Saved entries
------------------------------------------------------------------------

-- ===== src/Teletext/Hamming.antt =====
-- src/teletext.c: which single errors of a Hamming 8/4 code word are corrected.
use tsanalyze.Base.{
  ℕ, all_below, all_below-lt, ◌+◌, ◌*◌, ◌%◌, ◌^◌, ◌<◌, ◌==◌, ◌&&◌, if◌then◌else◌, bit, bit_xor,
  Bool, true, false, Option, none, some, ◌≡◌, refl, ap, arith,
}
use tsanalyze.Teletext.{popcount, decode_hamming8_code, hamming8_data}

-- The code word of four data bits by the standard, first bit highest: each parity bit makes the
-- number of ones in its group odd, and the last one that of the whole byte.
abbrev pub code_word : ℕ → ℕ
code_word data' =
    let d₁ = bit data' 0 in
    let d₂ = bit data' 1 in
    let d₃ = bit data' 2 in
    let d₄ = bit data' 3 in
    let p₁ = (1 + d₁ + d₃ + d₄) % 2 in
    let p₂ = (1 + d₁ + d₂ + d₄) % 2 in
    let p₃ = (1 + d₁ + d₂ + d₃) % 2 in
    let p₄ = (1 + p₁ + d₁ + p₂ + d₂ + p₃ + d₃ + d₄) % 2 in
    128 * p₁ + 64 * d₁ + 32 * p₂ + 16 * d₂ + 8 * p₃ + 4 * d₃ + 2 * p₄ + d₄

-- The word with bit `k` the other way.
abbrev pub flipped : ℕ → ℕ → ℕ
flipped w k = bit_xor w (2 ^ k)

is_result : ℕ → Option ℕ → Bool
is_result w none = false
is_result w (some v) = v == w

is_result-eq : (w : ℕ) (o : Option ℕ) → is_result w o ≡ true → o ≡ some w
unfolding is_result
is_result-eq w none h = ground arith
is_result-eq w (some v) h = ap (λ k. some k) (ground arith)

and_true : (a b : Bool) → (a && b) ≡ true → (a ≡ true) × (b ≡ true)
and_true true b h = (refl, h)
and_true false b h = absurd (ground arith)

word_check : ℕ → Bool
word_check d =
    is_result (code_word d) (decode_hamming8_code (code_word d)) && hamming8_data (code_word d) == d

error_check : ℕ → ℕ → Bool
error_check d k =
    let w = code_word d in
    is_result (if bit w k == 1 then flipped w k else w) (decode_hamming8_code (flipped w k))

every_word : all_below 16 word_check ≡ true
unfolding all_below word_check is_result decode_hamming8_code hamming8_data popcount
every_word = refl

every_error : all_below 16 (λ d. all_below 8 (error_check d)) ≡ true
unfolding all_below error_check is_result decode_hamming8_code popcount
every_error = refl

-- A code word is decoded as it is and gives its four data bits back. With one bit flipped it is
-- decoded as the code word only if the bit was a zero; a one that came as a zero is found, but
-- stays a zero, since the correction clears the bit where it is to flip it.
pub decode_hamming8_code_lem :
    (data' k : ℕ)
    → data' < 16
    → k < 8
    → (decode_hamming8_code (code_word data') ≡ some (code_word data'))
      × (hamming8_data (code_word data') ≡ data')
      × (decode_hamming8_code (flipped (code_word data') k)
          ≡ some (
              if bit (code_word data') k == 1
              then flipped (code_word data') k
              else code_word data'))
unfolding word_check error_check
decode_hamming8_code_lem data' k small below =
    let w = code_word data' in
    let (word, read) = and_true _ _ (all_below-lt 16 word_check data' every_word small) in
    let error =
      all_below-lt 8 (error_check data') k
        (all_below-lt 16 (λ d. all_below 8 (error_check d)) data' every_error small) below in
    (
      is_result-eq w (decode_hamming8_code w) word,
      ground (arith, read),
      is_result-eq _ (decode_hamming8_code (flipped w k)) error,
    )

------------------------------------------------------------------------

» **EXERCISE GOAL**
Please report only the count of lines in the entries above where the word "small" appears.

» **RESPONSE FOR THIS EXERCISE**
3